Speaker
Description
Mosquito borne diseases such as malaria, dengue, Zika virus and chikungunya impose a disproportionate heavy public health burden in Africa. While adult mosquitoes which are vectors of these diseases are widely studied, there is a persistent neglect in the developmental stages of the mosquitoes. Yet, these early stages are critical since vector control strategies often target larvae and pupae to break the transmission cycle before mosquitoes mature into biting adults. Moreover, the identification of these specimens is prone to human error by experts due to the striking similarity in morphological features between larval and pupal stages across species. This limitation not only slows down surveillance efforts but also increases the risk of misclassification, which can compromise vector control interventions.
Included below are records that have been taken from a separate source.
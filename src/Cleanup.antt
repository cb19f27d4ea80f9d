-- ===== src/Cleanup.antt =====
-- `cleanUpChildObjects` of controllers/configurationpolicy_controller.go: the pruning of objects
-- that a policy no longer manages. The cluster behind the API server is a parameter: its states
-- and what the requests answer in each state.
pub mod Safety
pub mod Complete
pub mod Tests
use config_policy_controller.Prelude.{
  String, Bool, true, false, not, ◌&&◌, ◌||◌, Option, none, some, List, [], ◌∷◌, ◌++◌, length, keep,
  ◌==◌, if◌then◌else◌,
}
use config_policy_controller.Prelude.Text.{str_eq}
use config_policy_controller.Policy.{
  ConfigurationPolicy, ObjectResource, ObjectProperties, RelatedObject, is_enforce,
}
use config_policy_controller.Related.{contain_related}

-- What the cleanup reads of an object on the cluster: its UID and whether it has a deletion
-- timestamp.
pub record Existing : Type 0 where
  pub uid : String
  pub is_deleting : Bool

-- The answer to a read: an error, or the object if there is one.
pub data Fetched : Type 0 where
  unwatchable failed : Fetched
  found : Option Existing → Fetched

-- The API server's answers to a read and to a deletion.
pub data GetAnswer : Type 0 where
  got : Existing → GetAnswer
  not_found failed : GetAnswer

pub data DeleteAnswer : Type 0 where
  accepted not_found failed : DeleteAnswer

-- The mapping of a kind to its resource, the reads from the watch cache and from the API server,
-- and the deletion.
pub record Cluster (World : Type 0) : Type 0 where
  pub has_mapping : ObjectResource → Bool
  pub watch_get : World → ObjectResource → Fetched
  pub get : World → ObjectResource → GetAnswer
  pub delete : World → ObjectResource → World × DeleteAnswer

-- How the handling of one object ends.
pub data Outcome : Type 0 where
  no_mapping get_failed absent kept already_deleting delete_failed still_there deleted : Outcome

-- The outcomes that are reported as deletion failures.
abbrev pub is_failure : Outcome → Bool
is_failure no_mapping = true
is_failure get_failed = true
is_failure absent = false
is_failure kept = false
is_failure already_deleting = true
is_failure delete_failed = true
is_failure still_there = true
is_failure deleted = false

-- Whether a deletion was requested.
abbrev pub is_request : Outcome → Bool
is_request delete_failed = true
is_request still_there = true
is_request deleted = true
is_request _ = false

unfoldable pub prunes : String → Bool
prunes behavior = str_eq behavior "DeleteAll" || str_eq behavior "DeleteIfCreated"

-- The policy created the object, and the object is still the one that it created.
unfoldable pub created_here : Option ObjectProperties → Existing → Bool
created_here none existing = false
created_here (some p) existing = elim (p.created_by_policy) [
  | some true ↦ str_eq p.uid existing.uid
  | _ ↦ false
]

unfoldable pub needs_delete : String → RelatedObject → Existing → Bool
unfolding created_here
needs_delete behavior object existing =
    if str_eq behavior "DeleteAll"
    then true
    else if str_eq behavior "DeleteIfCreated"
    then created_here object.properties existing
    else false

module _ (gocmp_equal : ObjectResource → ObjectResource → Bool) {L : Type 0} where
  -- The old related objects that are not among the new ones; all of them if there are no new ones.
  unfoldable pub to_prune : ConfigurationPolicy L → List RelatedObject → List RelatedObject
  unfolding contain_related
  to_prune plc new_related =
      if not (length new_related == 0)
      then keep (λ (r : RelatedObject). not (contain_related gocmp_equal new_related r))
          plc.status.related_objects
      else plc.status.related_objects

module _ {World : Type 0} (cluster : Cluster World) where
  -- `getObject`: an object that is not found is no error.
  unfoldable pub get_object : World → ObjectResource → Fetched
  get_object w o = elim (cluster.get w o) [
    | got e ↦ Fetched.found (some e)
    | GetAnswer.not_found ↦ Fetched.found none
    | GetAnswer.failed ↦ Fetched.failed
  ]

  -- `deleteObject`: so is the deletion of an object that is not found complete.
  unfoldable pub delete_object : World → ObjectResource → World × Bool
  delete_object w o =
      let answered = cluster.delete w o in
      elim (answered.1) [ DeleteAnswer.failed ↦ (answered.0, false) | _ ↦ (answered.0, true) ]

  -- The read through the watch, which turns to the API server for what cannot be watched.
  unfoldable pub fetch : Bool → World → ObjectResource → Fetched
  unfolding get_object
  fetch using_watch w o =
      if using_watch
      then elim (cluster.watch_get w o) [ unwatchable ↦ get_object w o | other ↦ other ]
      else get_object w o

  abbrev pub is_there : Fetched → Bool
  is_there (found (some e)) = true
  is_there _ = false

  -- The deletion, and the read after it that shows whether the object is gone.
  unfoldable pub delete_and_verify : World → ObjectResource → World × Outcome
  unfolding get_object delete_object
  delete_and_verify w o =
      let done = delete_object w o in
      if not done.1
      then (done.0, delete_failed)
      else if is_there (get_object done.0 o)
      then (done.0, still_there)
      else (done.0, deleted)

  unfoldable pub prune_existing : String → World → RelatedObject → Existing → World × Outcome
  unfolding needs_delete delete_and_verify
  prune_existing behavior w object existing =
      if not (needs_delete behavior object existing)
      then (w, kept)
      else if existing.is_deleting
      then (w, already_deleting)
      else delete_and_verify w object.object

  unfoldable pub prune_fetched : String → World → RelatedObject → Fetched → World × Outcome
  unfolding prune_existing
  prune_fetched behavior w object unwatchable = (w, get_failed)
  prune_fetched behavior w object Fetched.failed = (w, get_failed)
  prune_fetched behavior w object (found none) = (w, absent)
  prune_fetched behavior w object (found (some e)) = prune_existing behavior w object e

  -- The body of the loop over the objects to delete.
  unfoldable pub prune_object : Bool → String → World → RelatedObject → World × Outcome
  unfolding prune_fetched fetch
  prune_object using_watch behavior w object =
      if not (cluster.has_mapping object.object)
      then (w, no_mapping)
      else prune_fetched behavior w object (fetch using_watch w object.object)

  -- The loop: each object with its outcome.
  unfoldable pub prune_all :
      Bool → String → World → List RelatedObject → World × List (RelatedObject × Outcome)
  unfolding prune_object
  prune_all using_watch behavior w [] = (w, [])
  prune_all using_watch behavior w (o ∷ os) =
      let one = prune_object using_watch behavior w o in
      let rest = prune_all using_watch behavior one.0 os in (rest.0, (o, one.1) ∷ rest.1)

  module _ (gocmp_equal : ObjectResource → ObjectResource → Bool) {L : Type 0} where
    unfoldable pub clean_up_child_objects :
        ConfigurationPolicy L
        → List RelatedObject
        → Bool
        → World
        → World × List (RelatedObject × Outcome)
    unfolding prune_all to_prune
    clean_up_child_objects plc new_related using_watch w =
        if not (is_enforce plc.spec.remediation_action)
        then (w, [])
        else if not (prunes plc.spec.prune_object_behavior)
        then (w, [])
        else prune_all using_watch plc.spec.prune_object_behavior w
            (to_prune gocmp_equal plc new_related)

-- The deletion failures that the function returns, as the objects that it names.
abbrev pub failures : List (RelatedObject × Outcome) → List RelatedObject
failures [] = []
failures ((o, r) ∷ rest) = let more = failures rest in if is_failure r then o ∷ more else more
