-- ===== src/Cleanup/Safety.antt =====
-- What the pruning may delete.
use config_policy_controller.Prelude.{
  String, ◌≡◌, refl, Bool, true, false, not, Option, none, some, List, [], ◌∷◌, ◌⊎◌, inl, inr, All,
  All-mono, In, In-All, All-keep_self, arith, eq_iff, Bool-cases, length, ◌==◌,
}
use config_policy_controller.Prelude.Text.{str_eq}
use config_policy_controller.Policy.{
  ConfigurationPolicy, ObjectResource, ObjectProperties, RelatedObject, is_enforce,
}
use config_policy_controller.Related.{contain_related}
use config_policy_controller.Cleanup.{
  Existing, Cluster, Fetched, found, failed, unwatchable, Outcome, is_request, prunes, created_here,
  needs_delete, delete_and_verify, prune_existing, prune_fetched, prune_object, prune_all, to_prune,
  clean_up_child_objects, fetch,
}

-- The pruning behaviour asks for the deletion of the existing object: of every object, or of one
-- that the policy created and that has not been replaced since.
abbrev pub IsWanted : String → RelatedObject → Existing → Type 0
IsWanted behavior o e =
    (behavior ≡ "DeleteAll")
    ⊎ (behavior ≡ "DeleteIfCreated")
      × ((p : ObjectProperties) × (o.properties ≡ some p)
          × (p.created_by_policy ≡ some true)
          × (p.uid ≡ e.uid))

created_here_sound :
    (o : Option ObjectProperties) (e : Existing)
    → created_here o e ≡ true
    → (p : ObjectProperties) × (o ≡ some p) × (p.created_by_policy ≡ some true) × (p.uid ≡ e.uid)
unfolding created_here
created_here_sound none e h = absurd (ground arith)
created_here_sound (some p) e h = (p, refl, ground arith, ground (arith, eq_iff p.uid e.uid))

pub needs_delete-IsWanted :
    (behavior : String) (o : RelatedObject) (e : Existing)
    → needs_delete behavior o e ≡ true
    → IsWanted behavior o e
unfolding needs_delete
needs_delete-IsWanted behavior o e h = elim (Bool-cases (str_eq behavior "DeleteAll")) [
  | inl all' ↦ inl ((eq_iff behavior "DeleteAll").0 all')
  | inr other ↦ inr (
    (eq_iff behavior "DeleteIfCreated").0 (ground arith),
    created_here_sound o.properties e (ground arith),
  )
]

empty_cases : (rs : List RelatedObject) → (rs ≡ []) ⊎ ((length rs == 0) ≡ false)
empty_cases [] = inl refl
empty_cases (r ∷ rs) = inr (ground arith)

not-eq-true : (b : Bool) → not b ≡ true → b ≡ false
not-eq-true b h = ground arith

module _ {World : Type 0} (cluster : Cluster World) where
  -- Nothing was requested and the cluster is as it was, or the deletion of an existing object that
  -- is not being deleted yet was asked for.
  abbrev pub IsCareful : Bool → String → World → RelatedObject → World × Outcome → Type 0
  IsCareful watch behavior w o r =
      (is_request r.1 ≡ false) × (r.0 ≡ w)
      ⊎ (is_request r.1 ≡ true)
        × ((e : Existing) × IsWanted behavior o e
            × (e.is_deleting ≡ false)
            × (fetch cluster watch w o.object ≡ found (some e)))

  delete_and_verify-is_request :
      (w : World) (o : ObjectResource) → is_request (delete_and_verify cluster w o).1 ≡ true
  unfolding delete_and_verify
  delete_and_verify-is_request w o = ground arith

  prune_existing-IsCareful :
      (watch : Bool) (behavior : String) (w : World) (o : RelatedObject) (e : Existing)
      → fetch cluster watch w o.object ≡ found (some e)
      → IsCareful watch behavior w o (prune_existing cluster behavior w o e)
  unfolding prune_existing
  prune_existing-IsCareful watch behavior w o e there =
      elim (Bool-cases (needs_delete behavior o e)) [
        | inl needed ↦ elim (Bool-cases e.is_deleting) [
          | inl busy ↦ rw needed (rw busy (inl (refl, refl)))
          | inr free ↦ rw needed (
              rw free (
                inr (
                  delete_and_verify-is_request w o.object,
                  (e, needs_delete-IsWanted behavior o e needed, free, there),
                )))
        ]
        | inr spared ↦ rw spared (inl (refl, refl))
      ]

  prune_fetched-IsCareful :
      (watch : Bool) (behavior : String) (w : World) (o : RelatedObject) (f : Fetched)
      → fetch cluster watch w o.object ≡ f
      → IsCareful watch behavior w o (prune_fetched cluster behavior w o f)
  unfolding prune_fetched
  prune_fetched-IsCareful watch behavior w o unwatchable there = inl (refl, refl)
  prune_fetched-IsCareful watch behavior w o failed there = inl (refl, refl)
  prune_fetched-IsCareful watch behavior w o (found none) there = inl (refl, refl)
  prune_fetched-IsCareful watch behavior w o (found (some e)) there =
      prune_existing-IsCareful watch behavior w o e there

  prune_object-IsCareful :
      (watch : Bool) (behavior : String) (w : World) (o : RelatedObject)
      → IsCareful watch behavior w o (prune_object cluster watch behavior w o)
  unfolding prune_object
  prune_object-IsCareful watch behavior w o = elim (Bool-cases (cluster.has_mapping o.object)) [
    | inl mapped ↦
        rw mapped (prune_fetched-IsCareful watch behavior w o (fetch cluster watch w o.object) refl)
    | inr unknown ↦ rw unknown (inl (refl, refl))
  ]

  -- The object was read at some state of the cluster.
  abbrev pub WasThere : Bool → RelatedObject → Existing → Type 0
  WasThere watch o e = (w : World) × (fetch cluster watch w o.object ≡ found (some e))

  -- One object of the loop with its outcome, whatever state the cluster was in by then.
  abbrev WasCareful : Bool → String → RelatedObject × Outcome → Type 0
  WasCareful watch behavior (o, r) =
      (is_request r ≡ false)
      ⊎ (is_request r ≡ true)
        × ((e : Existing) × IsWanted behavior o e × (e.is_deleting ≡ false) × WasThere watch o e)

  was_careful :
      (watch : Bool) (behavior : String) (w : World) (o : RelatedObject) (r : World × Outcome)
      → IsCareful watch behavior w o r
      → WasCareful watch behavior (o, r.1)
  was_careful watch behavior w o r (inl (h, _)) = inl h
  was_careful watch behavior w o r (inr (h, (e, wanted, free, there))) =
      inr (h, (e, wanted, free, (w, there)))

  prune_all-All :
      (P : RelatedObject → Type 0) (watch : Bool) (behavior : String) (w : World)
      (os : List RelatedObject)
      → All P os
      → All
          (λ (r : RelatedObject × Outcome). P r.0 × WasCareful watch behavior r)
          (prune_all cluster watch behavior w os).1
  unfolding prune_all
  prune_all-All P watch behavior w [] h = tt
  prune_all-All P watch behavior w (o ∷ os) (p, h) = (
    (p, was_careful watch behavior w o _ (prune_object-IsCareful watch behavior w o)),
    prune_all-All P watch behavior (prune_object cluster watch behavior w o).0 os h,
  )

  module _ (gocmp_equal : ObjectResource → ObjectResource → Bool) {L : Type 0}
      (plc : ConfigurationPolicy L) (new_related : List RelatedObject) where
    -- An object of the old status that the new related objects, if there are any, do not contain.
    abbrev pub IsDetached : RelatedObject → Type 0
    IsDetached o =
        In o plc.status.related_objects
        × ((new_related ≡ []) ⊎ (contain_related gocmp_equal new_related o ≡ false))

    to_prune-IsDetached : All IsDetached (to_prune gocmp_equal plc new_related)
    unfolding to_prune
    to_prune-IsDetached = elim (empty_cases new_related) [
      | inl none' ↦ rw none' (
          All-mono (λ o h. (h, inl refl)) plc.status.related_objects
            (In-All plc.status.related_objects))
      | inr some' ↦ rw some' (
          All-mono (λ o h. (h.0, inr (not-eq-true _ h.1))) _
            (All-keep_self (λ (r : RelatedObject). not (contain_related gocmp_equal new_related r))
              plc.status.related_objects))
    ]

    -- A deletion is requested only if the policy enforces and prunes, and only of a related object
    -- of the old status that the new related objects do not contain (if there are any), that was
    -- read in some state of the cluster, was not being deleted yet then, and is wanted gone: by
    -- `DeleteAll`, or by `DeleteIfCreated` if the policy created it and its UID is still the same.
    pub clean_up_child_objects_safe :
        (watch : Bool) (w : World)
        → All
            (λ (r : RelatedObject × Outcome).
              (is_request r.1 ≡ false)
              ⊎ (is_enforce plc.spec.remediation_action ≡ true)
                × (prunes plc.spec.prune_object_behavior ≡ true)
                × IsDetached r.0
                × ((e : Existing) × IsWanted plc.spec.prune_object_behavior r.0 e
                    × (e.is_deleting ≡ false)
                    × WasThere watch r.0 e))
            (clean_up_child_objects cluster gocmp_equal plc new_related watch w).1
    unfolding clean_up_child_objects
    clean_up_child_objects_safe watch w =
        elim (Bool-cases (is_enforce plc.spec.remediation_action)) [
          | inr idle ↦ rw idle tt
          | inl enforced ↦ elim (Bool-cases (prunes plc.spec.prune_object_behavior)) [
            | inr spared ↦ rw enforced (rw spared tt)
            | inl pruned ↦ rw enforced (
                rw pruned (
                  All-mono
                    (λ r h. elim (h.1) [ inl n ↦ inl n | inr (_, e) ↦ inr (refl, refl, h.0, e) ]) _
                    (prune_all-All IsDetached watch plc.spec.prune_object_behavior w _
                      to_prune-IsDetached)))
          ]
        ]
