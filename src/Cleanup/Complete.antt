-- ===== src/Cleanup/Complete.antt =====
-- What the pruning does with every object, and how it reports it.
use config_policy_controller.Prelude.{
  String, ◌≡◌, ◌≢◌, ◌⊎◌, refl, Bool, true, false, ◌&&◌, Option, none, some, List, [], ◌∷◌, arith,
  eq_iff, Bool-cases, inl, inr, if◌then◌else◌,
}
use config_policy_controller.Prelude.Text.{str_eq}
use config_policy_controller.Policy.{
  ConfigurationPolicy, ObjectResource, ObjectProperties, RelatedObject, is_enforce,
}
use config_policy_controller.Cleanup.{
  Existing, Cluster, Fetched, found, unwatchable, GetAnswer, got, DeleteAnswer, accepted, Outcome,
  no_mapping, get_failed, absent, kept, already_deleting, delete_failed, still_there, deleted,
  prunes, created_here, needs_delete, get_object, delete_object, fetch, is_there, delete_and_verify,
  prune_existing, prune_fetched, prune_object, prune_all, to_prune, clean_up_child_objects,
}
use config_policy_controller.Cleanup.Safety.{IsWanted, needs_delete-IsWanted}

created_here_known :
    (known : Option ObjectProperties) (p : ObjectProperties) (e : Existing)
    → known ≡ some p
    → p.created_by_policy ≡ some true
    → str_eq p.uid e.uid ≡ true
    → created_here known e ≡ true
unfolding created_here
created_here_known known p e there by_policy same = rw there (rw by_policy same)

IsWanted-needs_delete :
    (behavior : String) (o : RelatedObject) (e : Existing)
    → IsWanted behavior o e
    → needs_delete behavior o e ≡ true
unfolding needs_delete
IsWanted-needs_delete behavior o e (inl all') = ground (arith, eq_iff behavior "DeleteAll", all')
IsWanted-needs_delete behavior o e (inr (created, (p, there, by_policy, same))) = ground (
  arith,
  eq_iff behavior "DeleteIfCreated",
  created,
  created_here_known o.properties p e there by_policy ((eq_iff p.uid e.uid).1 same),
)

module _ {World : Type 0} (cluster : Cluster World) (watch : Bool) (behavior : String) where
  -- The object exists, by the read in the given state.
  abbrev pub Exists : World → RelatedObject → Existing → Type 0
  Exists w o e = fetch cluster watch w o.object ≡ found (some e)

  -- One object is pruned: the state before, the object, its outcome and the state after. Only an
  -- object that is wanted gone and is not being deleted yet is deleted, and it is deleted when the
  -- cluster does not fail to and the read after that does not find it.
  pub data Prunes : World → RelatedObject → Outcome → World → Type 0 where
    prunes_unmapped :
        {w : World} {o : RelatedObject}
        → cluster.has_mapping o.object ≡ false
        → Prunes w o no_mapping w
    prunes_unread :
        {w : World} {o : RelatedObject}
        → (fetch cluster watch w o.object ≡ unwatchable)
          ⊎ (fetch cluster watch w o.object ≡ Fetched.failed)
        → Prunes w o get_failed w
    prunes_absent :
        {w : World} {o : RelatedObject}
        → fetch cluster watch w o.object ≡ found none
        → Prunes w o absent w
    prunes_kept :
        {w : World} {o : RelatedObject} (e : Existing)
        → Exists w o e
        → (IsWanted behavior o e → ⊥)
        → Prunes w o kept w
    prunes_deleting :
        {w : World} {o : RelatedObject} (e : Existing)
        → Exists w o e
        → IsWanted behavior o e
        → e.is_deleting ≡ true
        → Prunes w o already_deleting w
    prunes_undeleted :
        {w w' : World} {o : RelatedObject} (e : Existing)
        → Exists w o e
        → IsWanted behavior o e
        → e.is_deleting ≡ false
        → cluster.delete w o.object ≡ (w', DeleteAnswer.failed)
        → Prunes w o delete_failed w'
    prunes_still_there :
        {w w' : World} {o : RelatedObject} (e after : Existing) (a : DeleteAnswer)
        → Exists w o e
        → IsWanted behavior o e
        → e.is_deleting ≡ false
        → cluster.delete w o.object ≡ (w', a)
        → a ≢ DeleteAnswer.failed
        → cluster.get w' o.object ≡ got after
        → Prunes w o still_there w'
    prunes_deleted :
        {w w' : World} {o : RelatedObject} (e : Existing) (a : DeleteAnswer) (g : GetAnswer)
        → Exists w o e
        → IsWanted behavior o e
        → e.is_deleting ≡ false
        → cluster.delete w o.object ≡ (w', a)
        → a ≢ DeleteAnswer.failed
        → cluster.get w' o.object ≡ g
        → ((after : Existing) → g ≢ got after)
        → Prunes w o deleted w'

  -- The objects are pruned one after the other, each from the state that the one before left.
  pub data PrunesAll
      : World → List RelatedObject → List (RelatedObject × Outcome) → World → Type 0 where
    prunes_none : {w : World} → PrunesAll w [] [] w
    prunes_next :
        {w w' w'' : World} {o : RelatedObject} {os : List RelatedObject} {outcome : Outcome}
        {rs : List (RelatedObject × Outcome)}
        → Prunes w o outcome w'
        → PrunesAll w' os rs w''
        → PrunesAll w (o ∷ os) ((o, outcome) ∷ rs) w''

  -- The deletion of an object that is wanted gone.
  module _ (w : World) (o : RelatedObject) (e : Existing) (there : Exists w o e)
      (wanted : IsWanted behavior o e) (free : e.is_deleting ≡ false) where
    abbrev Verifies : World × Outcome → Type 0
    Verifies r = Prunes w o r.1 r.0

    read_again :
        (w' : World) (a : DeleteAnswer) (g : GetAnswer)
        → cluster.delete w o.object ≡ (w', a)
        → a ≢ DeleteAnswer.failed
        → cluster.get w' o.object ≡ g
        → Verifies (
            if is_there cluster (elim g as (λ _. Fetched) [
              | got e' ↦ found (some e')
              | GetAnswer.not_found ↦ found none
              | GetAnswer.failed ↦ Fetched.failed
            ])
            then (w', still_there)
            else (w', deleted))
    read_again w' a (got after) q ok p = prunes_still_there e after a there wanted free q ok p
    read_again w' a GetAnswer.not_found q ok p =
        prunes_deleted e a GetAnswer.not_found there wanted free q ok p
          (λ after h. absurd (ground (arith, h)))
    read_again w' a GetAnswer.failed q ok p =
        prunes_deleted e a GetAnswer.failed there wanted free q ok p
          (λ after h. absurd (ground (arith, h)))

    delete_and_verify-Prunes :
        (x : World × DeleteAnswer)
        → cluster.delete w o.object ≡ x
        → Verifies (delete_and_verify cluster w o.object)
    unfolding delete_and_verify delete_object get_object
    delete_and_verify-Prunes (w', DeleteAnswer.failed) q =
        rw (q, delete_object, q) (prunes_undeleted e there wanted free q)
    delete_and_verify-Prunes (w', accepted) q =
        rw (q, delete_object, q, get_object)
          (read_again w' accepted (cluster.get w' o.object) q (λ h. absurd (ground (arith, h)))
            refl)
    delete_and_verify-Prunes (w', DeleteAnswer.not_found) q =
        rw (q, delete_object, q, get_object)
          (read_again w' DeleteAnswer.not_found (cluster.get w' o.object) q
            (λ h. absurd (ground (arith, h))) refl)

  prune_existing-Prunes :
      (w : World) (o : RelatedObject) (e : Existing)
      → Exists w o e
      → (let r = prune_existing cluster behavior w o e in Prunes w o r.1 r.0)
  unfolding prune_existing
  prune_existing-Prunes w o e there = elim (Bool-cases (needs_delete behavior o e)) [
    | inr spared ↦ rw spared (
        prunes_kept e there
          (λ wanted. absurd (ground (arith, spared, IsWanted-needs_delete behavior o e wanted))))
    | inl needed ↦
        let wanted = needs_delete-IsWanted behavior o e needed in
        elim (Bool-cases e.is_deleting) [
          | inl busy ↦ rw needed (rw busy (prunes_deleting e there wanted busy))
          | inr free ↦ rw needed (
              rw free
                (delete_and_verify-Prunes w o e there wanted free (cluster.delete w o.object) refl))
        ]
  ]

  prune_fetched-Prunes :
      (w : World) (o : RelatedObject) (f : Fetched)
      → fetch cluster watch w o.object ≡ f
      → (let r = prune_fetched cluster behavior w o f in Prunes w o r.1 r.0)
  unfolding prune_fetched
  prune_fetched-Prunes w o unwatchable q = prunes_unread (inl q)
  prune_fetched-Prunes w o Fetched.failed q = prunes_unread (inr q)
  prune_fetched-Prunes w o (found none) q = prunes_absent q
  prune_fetched-Prunes w o (found (some e)) q = prune_existing-Prunes w o e q

  prune_object-Prunes :
      (w : World) (o : RelatedObject)
      → (let r = prune_object cluster watch behavior w o in Prunes w o r.1 r.0)
  unfolding prune_object
  prune_object-Prunes w o = elim (Bool-cases (cluster.has_mapping o.object)) [
    | inl mapped ↦ rw mapped (prune_fetched-Prunes w o (fetch cluster watch w o.object) refl)
    | inr unknown ↦ rw unknown (prunes_unmapped unknown)
  ]

  prune_all-PrunesAll :
      (w : World) (os : List RelatedObject)
      → (let r = prune_all cluster watch behavior w os in PrunesAll w os r.1 r.0)
  unfolding prune_all
  prune_all-PrunesAll w [] = prunes_none
  prune_all-PrunesAll w (o ∷ os) =
      prunes_next (prune_object-Prunes w o)
        (prune_all-PrunesAll (prune_object cluster watch behavior w o).0 os)

module _ {World : Type 0} (cluster : Cluster World) where
  -- If the policy enforces and prunes, the objects of the old status that are to be pruned are
  -- pruned one after the other, in their order and also after failures, and each is reported with
  -- what became of it: it is reported as kept only if it exists and is not wanted gone, and as
  -- deleted only if it exists, is wanted gone, was not being deleted yet, and is not found after a
  -- deletion that did not fail. Otherwise nothing is reported and the cluster stays as it is.
  pub clean_up_child_objects_complete :
      (gocmp_equal : ObjectResource → ObjectResource → Bool) {L : Type 0}
      (plc : ConfigurationPolicy L) (new_related : List RelatedObject) (watch : Bool) (w : World)
      → let r = clean_up_child_objects cluster gocmp_equal plc new_related watch w in
        (is_enforce plc.spec.remediation_action ≡ true)
          × (prunes plc.spec.prune_object_behavior ≡ true)
          × PrunesAll cluster watch plc.spec.prune_object_behavior w
              (to_prune gocmp_equal plc new_related)
              r.1
              r.0
        ⊎ ((is_enforce plc.spec.remediation_action && prunes plc.spec.prune_object_behavior)
            ≡ false)
          × (r ≡ (w, []))
  unfolding clean_up_child_objects
  clean_up_child_objects_complete gocmp_equal plc new_related watch w =
      elim (Bool-cases (is_enforce plc.spec.remediation_action)) [
        | inr idle ↦ rw idle (inr (refl, refl))
        | inl enforced ↦ elim (Bool-cases (prunes plc.spec.prune_object_behavior)) [
          | inr spared ↦ rw enforced (rw spared (inr (refl, refl)))
          | inl pruned ↦ rw enforced (
              rw pruned (
                inl (
                  refl,
                  refl,
                  prune_all-PrunesAll cluster watch plc.spec.prune_object_behavior w
                      (to_prune gocmp_equal plc new_related),
                )))
        ]
      ]
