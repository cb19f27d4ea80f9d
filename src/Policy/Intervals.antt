-- ===== src/Policy/Intervals.antt =====
-- The evaluation intervals of api/v1/configurationpolicy_types.go, and `currentlyUsingWatch` of
-- controllers/configurationpolicy_controller.go.
use config_policy_controller.Prelude.{ℕ, String, Bool, ◌||◌, Option, none, some, if◌then◌else◌}
use config_policy_controller.Prelude.Text.{str_eq}
use config_policy_controller.Policy.{EvaluationInterval, ConfigurationPolicy, compliant, state_eq}

-- The results of `parseInterval`; a duration is counted in nanoseconds. `is_never` and `is_watch`
-- are the sentinel errors, `invalid` is any other error.
pub data Interval : Type 0 where
  duration : ℕ → Interval
  is_watch is_never invalid : Interval

-- `time.ParseDuration`, without negative durations: the API server admits no sign.
module _ (parse_duration : String → Option ℕ) where
  unfoldable pub parse_interval : String → Interval
  parse_interval interval =
      if str_eq interval "" || str_eq interval "watch"
      then is_watch
      else if str_eq interval "never"
      then is_never
      else elim (parse_duration interval) [ none ↦ invalid | some d ↦ duration d ]

  unfoldable pub get_compliant_interval : EvaluationInterval → Interval
  unfolding parse_interval
  get_compliant_interval e = parse_interval e.compliant

  unfoldable pub get_noncompliant_interval : EvaluationInterval → Interval
  unfolding parse_interval
  get_noncompliant_interval e = parse_interval e.noncompliant

unfoldable pub is_watch_for_compliant : EvaluationInterval → Bool
is_watch_for_compliant e = str_eq e.compliant "" || str_eq e.compliant "watch"

unfoldable pub is_watch_for_noncompliant : EvaluationInterval → Bool
is_watch_for_noncompliant e = str_eq e.noncompliant "" || str_eq e.noncompliant "watch"

unfoldable pub currently_using_watch : {L : Type 0} → ConfigurationPolicy L → Bool
unfolding is_watch_for_compliant is_watch_for_noncompliant
currently_using_watch plc =
    if state_eq plc.status.compliance_state compliant
    then is_watch_for_compliant plc.spec.evaluation_interval
    else is_watch_for_noncompliant plc.spec.evaluation_interval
In response, we present an Africa-based curated dataset of the larval and pupal stages of Aedes, Anopheles, and Culex species, alongside non-mosquito specimens with similar morphology. This directly addresses the African dataset representation gap in global repositories and uniquely contributes to pupal-stage classification, which remains highly underrepresented in most classification tasks. We present MosqMixerNet, a lightweight deep learning model tailored for image-based classification of mosquito early-stages. The proposed MosqMixerNet balances compactness and accuracy with only 169,666 trainable parameters and was benchmarked against MobileNetV2, DenseNet121, and NASNetMobile. On genus level identification with a non-mosquito class, it reached 99.37% accuracy, outperforming NASNetMobile at 97.30%, MobileNetV2 at 97.26%, and DenseNet121 at 80.36%. The work advances computer vision for public health and tropical disease control, and provides a foundation for integration into digital vector monitoring platforms in endemic settings.